Natkaniec et al. reported a statistically significant difference in conversion rates between patients with lesions ≥6 cm vs. < 6 cm in diameter, 6.7% and 0.5%, respectively (p < 0.0001) [15]. This contrasts with Hwang et al., who retrospectively analyzed 133 patients using a 5 cm cut-off value adrenal lesion size [24], and Carter et al. in their series of 26 pheochromocytoma patients using a cut-off value size of 6 cm [18] where no conversion to open surgery was reported. However, in our study, conversion rates of 9.8% and 4.9% were observed in the intervention and control groups, respectively; this difference, however, was not statistically significant (p = 0.3690). The reasons for these discrepancies are that large adrenal masses bleed more easily than smaller lesions; in fact four out of eight conversions in the intervention group were caused by bleeding. Moreover, at right-sided lesions, retrocaval adrenal gland growth can complicate dissection especially with the anterior approach. To the contrary, dissection with patient in lateral decubitus allows to directly visualize the retrocaval space. This might explain why six out of eight conversions were necessary during right adrenalectomy.

In terms of postoperative morbidity, Natkaniec et al. reported a higher complication rate in patients with lesions ≥6 cm (15.7%) compared to patients with lesions <6 cm (9.3%), with a trend toward statistical significance (p = 0.0692) [15]. Hobart et al. reported complication rates of 21.4% and 8.9%, respectively (p = 0.21) in a series of 14 patients [12] similar to our findings (p = 0.7196).

In accordance to others [18, 24], we found no statistically significant difference in mean hospital stay between the two groups (p = 0.1957). However, in contrast, Chen et al. found a statistically significant difference (7.43 days vs. 2.07 days, p = 0.001) in their observational study for patients with adrenal gland lesions measuring more or less than 5 cm, respectively [25].

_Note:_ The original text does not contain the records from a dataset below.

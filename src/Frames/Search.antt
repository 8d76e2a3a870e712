-- ===== src/Frames/Search.antt =====
-- `allocate_frame` of src/mm/memory.rs: which frame it hands out, and when it fails.
use nwin_os.Common.{
  ℕ, zero, suc, ◌+◌, ◌-◌, ◌*◌, ◌≤◌, ◌<◌, ◌≡◌, refl, true, false, Option, none, some, ◌⊎◌, inl, inr,
  ◌==◌, if◌then◌else◌, get_or, arith, ℕ_discrete, dec_lt, Bool-cases,
}
use nwin_os.Frames.{
  BitmapFrameAllocator, frame_size, force_set_bit, test_bit, allocate_in, allocate_frame,
}
use nwin_os.Frames.Laws.{
  IsValid, force_set_bit_hint-IsValid, count-force_set_bit, total-force_set_bit,
}

-- Every frame from `i` up to `j` is busy.
abbrev pub IsBusy : BitmapFrameAllocator → ℕ → ℕ → Type 0
IsBusy a i j = (g : ℕ) → i ≤ g → g < j → test_bit a g ≡ true

abbrev taken : BitmapFrameAllocator → ℕ → BitmapFrameAllocator
taken a f = record (force_set_bit a f) { last_free_frame_hint = f + 1 }

record FirstFree (a : BitmapFrameAllocator) (i j f : ℕ) : Type 0 where
  from : i ≤ f
  below : f < j
  free : test_bit a f ≡ false
  skipped : IsBusy a i f

allocate_in_cases :
    (a : BitmapFrameAllocator) (n i : ℕ)
    → ((allocate_in a n i ≡ none) × IsBusy a i (i + n))
      ⊎ ((f : ℕ) × (allocate_in a n i ≡ some (f * frame_size, taken a f)) × FirstFree a i (i + n) f)
unfolding allocate_in
allocate_in_cases a zero i = inl (refl, λ g lo hi. absurd (omega arith))
allocate_in_cases a (suc n) i = elim (Bool-cases (test_bit a i)) [
  | inr free ↦ inr (
    i,
    rw free,
    record {
      from = omega arith;
      below = omega arith;
      free = free;
      skipped = λ g lo hi. absurd (omega arith);
    },
  )
  | inl busy ↦ elim (allocate_in_cases a n (i + 1)) [
    | inl (e, all) ↦ inl (
      rw busy e,
      λ g lo hi. elim (ℕ_discrete i g) [
        | yes same ↦ rw (← same) busy
        | no other ↦ all g (omega arith) (omega arith)
      ],
    )
    | inr (f, e, first) ↦ inr (
      f,
      rw busy e,
      record {
        from = omega (arith, first.from);
        below = omega (arith, first.below);
        free = first.free;
        skipped = λ g lo hi. elim (ℕ_discrete i g) [
          | yes same ↦ rw (← same) busy
          | no other ↦ first.skipped g (omega arith) hi
        ];
      },
    )
  ]
]

-- Frame `f` was free and is handed out: it has one owner, and no other frame changes.
pub record Takes (a : BitmapFrameAllocator) (f : ℕ) (a' : BitmapFrameAllocator) : Type 0 where
  pub inside : f < a.total_frames
  pub was_free : test_bit a f ≡ false
  pub valid : IsValid a'
  pub same_total : a'.total_frames ≡ a.total_frames
  pub counts : (g : ℕ) → get_or a'.ref_counts g 0 ≡ (if f == g then 1 else get_or a.ref_counts g 0)
  pub hint : a'.last_free_frame_hint ≡ f + 1

taken-Takes :
    (a : BitmapFrameAllocator) (f : ℕ)
    → IsValid a
    → f < a.total_frames
    → test_bit a f ≡ false
    → Takes a f (taken a f)
taken-Takes a f v h free = record {
  inside = h;
  was_free = free;
  valid = force_set_bit_hint-IsValid a v f h (f + 1) (omega arith);
  same_total = total-force_set_bit a f;
  counts = count-force_set_bit a v f h;
  hint = refl;
}

-- The frames between the hint and the one handed out, going round the end of the table, are busy.
abbrev pub NoneBefore : BitmapFrameAllocator → ℕ → Type 0
NoneBefore a f =
    ((a.last_free_frame_hint ≤ f) × IsBusy a a.last_free_frame_hint f)
    ⊎ ((f < a.last_free_frame_hint) × IsBusy a a.last_free_frame_hint a.total_frames × IsBusy a 0 f)

abbrev pub Allocates : BitmapFrameAllocator → Option ℕ × BitmapFrameAllocator → Type 0
Allocates a (none, a') = (a' ≡ a) × ((g : ℕ) → test_bit a g ≡ true)
Allocates a (some phys_addr, a') =
    (f : ℕ) × (phys_addr ≡ f * frame_size) × Takes a f a' × NoneBefore a f

pub out_of_range : (a : BitmapFrameAllocator) (g : ℕ) → a.total_frames ≤ g → test_bit a g ≡ true
unfolding test_bit
out_of_range a g h = ground arith

-- On a valid allocator `allocate_frame` hands out the first free frame from the hint on, going
-- round the end once: the frame was free, it then has one owner, no other count changes and the
-- invariant is kept. It fails only where every frame is busy, and then changes nothing.
pub allocate_frame-Allocates :
    (a : BitmapFrameAllocator) → IsValid a → Allocates a (allocate_frame a)
unfolding allocate_frame
allocate_frame-Allocates a v =
    elim (allocate_in_cases a (a.total_frames - a.last_free_frame_hint) a.last_free_frame_hint) [
      | inr (f, e, first) ↦ rw e (
        f,
        refl,
        taken-Takes a f v (omega (arith, first.below, v.hint_in)) first.free,
        inl (first.from, first.skipped),
      )
      | inl (e, upper) ↦ elim (allocate_in_cases a a.last_free_frame_hint 0) [
        | inr (f, e', first) ↦
            rw (e, e')
              (
                f,
                refl,
                taken-Takes a f v (omega (arith, first.below, v.hint_in)) first.free,
                inr (
                  omega (arith, first.below),
                  (λ g lo hi. upper g lo (omega (arith, v.hint_in))),
                  first.skipped,
                ),
              )
        | inl (e', lower) ↦
            rw (e, e')
              (
                refl,
                λ g. elim (dec_lt g a.last_free_frame_hint) [
                  | yes below ↦ lower g (omega arith) (omega arith)
                  | no above ↦ elim (dec_lt g a.total_frames) [
                    | yes inside ↦ upper g (omega arith) (omega arith)
                    | no outside ↦ out_of_range a g (omega arith)
                  ]
                ],
              )
      ]
    ]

Worldwide, most surgeons use the transperitoneal approach with patients positioned in lateral decubitus and the retroperitoneal approach with patients in the prone position [10, 13]. We prefer the anterior transperitoneal approach for right adrenalectomy and the anterior transperitoneal submesocolic approach for left adrenalectomy with patients positioned in the supine position [8,9,10]. To the best of our knowledge, the anterior approach is performed in very few centers around the world [9, 27,28,29,30,31]. This is in agreement with the lack of a clear superiority of one approach over the other in the literature [8,9,10, 13, 32], and the recommendations of the Society of American Gastrointestinal and Endoscopic Surgeons (SAGES) that suggest the surgeon should employ the surgical approach for LA with which he or she is most familiar [13].

Our study has several limitations including its retrospective nature, the lack of control groups with another approach (lateral or retroperitoneal) and the limited number of patients in each group that might have affected the statistical significance.

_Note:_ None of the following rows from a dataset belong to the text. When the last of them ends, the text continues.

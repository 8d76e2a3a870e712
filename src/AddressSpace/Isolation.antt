-- ===== src/AddressSpace/Isolation.antt =====
-- What a new address space contains.
use nwin_os.Common.{
  ℕ, zero, suc, ◌+◌, ◌*◌, ◌≤◌, ◌<◌, ◌≡◌, ◌≢◌, refl, sym, ◌∙◌, Bool, true, ◌⊎◌, inl, inr, Option,
  none, some, if◌then◌else◌, ==_refl, ==_ne, Bool-cases, ℕ_discrete, arith,
}
use nwin_os.Frames.{BitmapFrameAllocator, allocate_frame, test_bit, frame_size}
use nwin_os.Frames.Laws.{IsValid}
use nwin_os.Frames.Search.{Allocates, allocate_frame-Allocates}
use nwin_os.Task.{Memory, store}
use nwin_os.AddressSpace.{
  clear_frame, clear_new, system_allocate_frame, copy_entries, keep_kernel, fill,
  create_isolated_pml4,
}

store_same : (m : Memory) (p v : ℕ) → store m p v p ≡ v
store_same m p v = rw (==_refl p) refl

store_other : (m : Memory) (p v q : ℕ) → p ≢ q → store m p v q ≡ m q
store_other m p v q ne = rw (==_ne p q ne) refl

-- One turn of the loop.
abbrev turn : (ℕ → Bool) → ℕ → ℕ → Memory → ℕ → Memory
turn keep current new m i =
    if keep (m (current + i * 8)) then store m (new + i * 8) (m (current + i * 8)) else m

module _ (keep : ℕ → Bool) (current new : ℕ)
    (apart : (current + 4096 ≤ new) ⊎ (new + 4096 ≤ current)) where
  -- It writes at most its own entry.
  turn_other : (m : Memory) (i q : ℕ) → new + i * 8 ≢ q → turn keep current new m i q ≡ m q
  turn_other m i q ne = elim (Bool-cases (keep (m (current + i * 8)))) [
    | inl k ↦ rw k (store_other m (new + i * 8) (m (current + i * 8)) q ne)
    | inr k ↦ rw k refl
  ]

  copy_other :
      (m : Memory) (n i q : ℕ)
      → (q < new + i * 8) ⊎ (new + (i + n) * 8 ≤ q)
      → copy_entries keep m current new n i q ≡ m q
  unfolding copy_entries
  copy_other m zero i q h = refl
  copy_other m (suc n) i q h =
      copy_other (turn keep current new m i) n (i + 1) q (ground (arith, h))
      ∙ turn_other m i q (λ e. ground (arith, h, e))

  turn_own :
      (m : Memory) (i : ℕ)
      → turn keep current new m i (new + i * 8)
        ≡ (if keep (m (current + i * 8)) then m (current + i * 8) else m (new + i * 8))
  turn_own m i = elim (Bool-cases (keep (m (current + i * 8)))) [
    | inl k ↦ rw k (store_same m (new + i * 8) (m (current + i * 8)))
    | inr k ↦ rw k refl
  ]

  copy_own :
      (m : Memory) (n i j : ℕ)
      → i + n ≤ 512
      → i ≤ j
      → j < i + n
      → copy_entries keep m current new n i (new + j * 8)
        ≡ (if keep (m (current + j * 8)) then m (current + j * 8) else m (new + j * 8))
  unfolding copy_entries
  copy_own m zero i j top l u = absurd (omega (arith, l, u))
  copy_own m (suc n) i j top l u = elim (ℕ_discrete i j) [
    | yes same ↦ rw (sym same) (
        copy_other (turn keep current new m i) n (i + 1) (new + i * 8) (inl (omega arith))
        ∙ turn_own m i)
    | no other ↦
        copy_own (turn keep current new m i) n (i + 1) j (omega (arith, top))
          (omega (arith, l, other)) (omega (arith, u))
        ∙ rw
            (
              turn_other m i (current + j * 8) (ground (arith, apart, top, l, u)),
              turn_other m i (new + j * 8) (λ e. omega (arith, e, other)),
            )
            refl
  ]

-- What the new table holds, and that nothing else is written.
pub record Isolated (m : Memory) (current new : ℕ) (m' : Memory) : Type 0 where
  pub kernel_half : (i : ℕ) → 256 ≤ i → i < 512 → m' (new + i * 8) ≡ m (current + i * 8)
  pub lower_half :
      (i : ℕ)
      → i < 256
      → m' (new + i * 8) ≡ (if keep_kernel (m (current + i * 8)) then m (current + i * 8) else 0)
  pub elsewhere : (q : ℕ) → (q < new) ⊎ (new + 4096 ≤ q) → m' q ≡ m q

cleared : (m : Memory) (new q : ℕ) → new ≤ q → q < new + 4096 → clear_frame m new q ≡ 0
cleared m new q l u = ground (arith, l, u)

not_cleared : (m : Memory) (new q : ℕ) → (q < new) ⊎ (new + 4096 ≤ q) → clear_frame m new q ≡ m q
not_cleared m new q h = ground (arith, h)

filled-Isolated :
    (m : Memory) (current new : ℕ)
    → (current + 4096 ≤ new) ⊎ (new + 4096 ≤ current)
    → Isolated m current new (
        copy_entries keep_kernel
          (copy_entries (λ entry. true) (clear_frame m new) current new 256 256)
          current
          new
          256
          0)
filled-Isolated m current new apart =
    let m1 = clear_frame m new in
    let m2 = copy_entries (λ entry. true) m1 current new 256 256 in
    let source =
      λ (i : ℕ) (h : i < 512). not_cleared m new (current + i * 8) (ground (arith, apart, h)) in
    record {
      kernel_half = λ i l u.
          copy_other keep_kernel current new apart m2 256 0 (new + i * 8) (inr (omega (arith, l)))
          ∙ copy_own (λ entry. true) current new apart m1 256 256 i (omega arith) l
              (omega (arith, u))
          ∙ source i u;
      lower_half = λ i u.
          let old : m2 (current + i * 8) ≡ m (current + i * 8) =
            copy_other (λ entry. true) current new apart m1 256 256 (current + i * 8)
              (ground (arith, apart, u))
            ∙ source i (omega (arith, u)) in
          let empty : m2 (new + i * 8) ≡ 0 =
            copy_other (λ entry. true) current new apart m1 256 256 (new + i * 8)
              (inl (omega (arith, u)))
            ∙ cleared m new (new + i * 8) (omega arith) (omega (arith, u)) in
          copy_own keep_kernel current new apart m2 256 0 i (omega arith) (omega arith) u
          ∙ rw (old, empty) refl;
      elsewhere = λ q h.
          copy_other keep_kernel current new apart m2 256 0 q (ground (arith, h))
          ∙ copy_other (λ entry. true) current new apart m1 256 256 q (ground (arith, h))
          ∙ not_cleared m new q h;
    }

-- The frame was clear before: it does not matter to what is promised.
cleared_before :
    (m : Memory) (current new : ℕ) (m' : Memory)
    → (current + 4096 ≤ new) ⊎ (new + 4096 ≤ current)
    → Isolated (clear_frame m new) current new m'
    → Isolated m current new m'
cleared_before m current new m' apart d =
    let source =
      λ (i : ℕ) (h : i < 512). not_cleared m new (current + i * 8) (ground (arith, apart, h)) in
    record {
      kernel_half = λ i l u. d.kernel_half i l u ∙ source i u;
      lower_half = λ i u. d.lower_half i u ∙ rw (source i (omega (arith, u))) refl;
      elsewhere = λ q h. d.elsewhere q h ∙ not_cleared m new q h;
    }

-- What `create_isolated_pml4` promises: no frame and nothing changed, or a new frame.
abbrev pub Isolates :
    BitmapFrameAllocator → Memory → ℕ → Option ℕ × BitmapFrameAllocator × Memory → Type 0
Isolates a m current (none, a', m') = (a' ≡ a) × (m' ≡ m)
Isolates a m current (some new, a', m') = IsValid a' × Isolated m current new m'

fill-Isolates :
    (a : BitmapFrameAllocator) (m : Memory) (c : ℕ)
    → test_bit a c ≡ true
    → (r : Option ℕ × BitmapFrameAllocator) → Allocates a r
    → Isolates a m (c * frame_size) (fill (c * frame_size) (clear_new m r))
fill-Isolates a m c busy (none, a') h = (h.0, refl)
fill-Isolates a m c busy (some new, a') (f, e, takes, first) =
    let other : f ≢ c = λ same. ground (arith, takes.was_free, busy, same) in
    let apart : (c * frame_size + 4096 ≤ new) ⊎ (new + 4096 ≤ c * frame_size) =
      ground (arith, e, other) in
    (
      takes.valid,
      cleared_before m (c * frame_size) new _ apart
          (filled-Isolated (clear_frame m new) (c * frame_size) new apart),
    )

-- On a valid allocator, with the current table in a frame that is in use, a new address space has the
-- upper half of the current table and, of the lower half, the entries that are in use and not the
-- user's, and zero for the others; no word outside the new frame changes. Without a free frame
-- nothing changes.
pub create_isolated_pml4-Isolates :
    (a : BitmapFrameAllocator) (m : Memory) (c : ℕ)
    → IsValid a
    → test_bit a c ≡ true
    → Isolates a m (c * frame_size) (create_isolated_pml4 a m (c * frame_size))
unfolding create_isolated_pml4 system_allocate_frame
create_isolated_pml4-Isolates a m c v busy =
    fill-Isolates a m c busy (allocate_frame a) (allocate_frame-Allocates a v)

In conclusion, based on the present study, an adrenal gland lesion of 6 centimeters or more with no venous tumor thrombus is not a contraindication for a laparoscopic management, even in case of pheochromocytoma, provided the necessary experience in LA is present. Further prospective studies with a larger sample size and control groups based also on other minimally invasive approaches are necessary to confirm these data.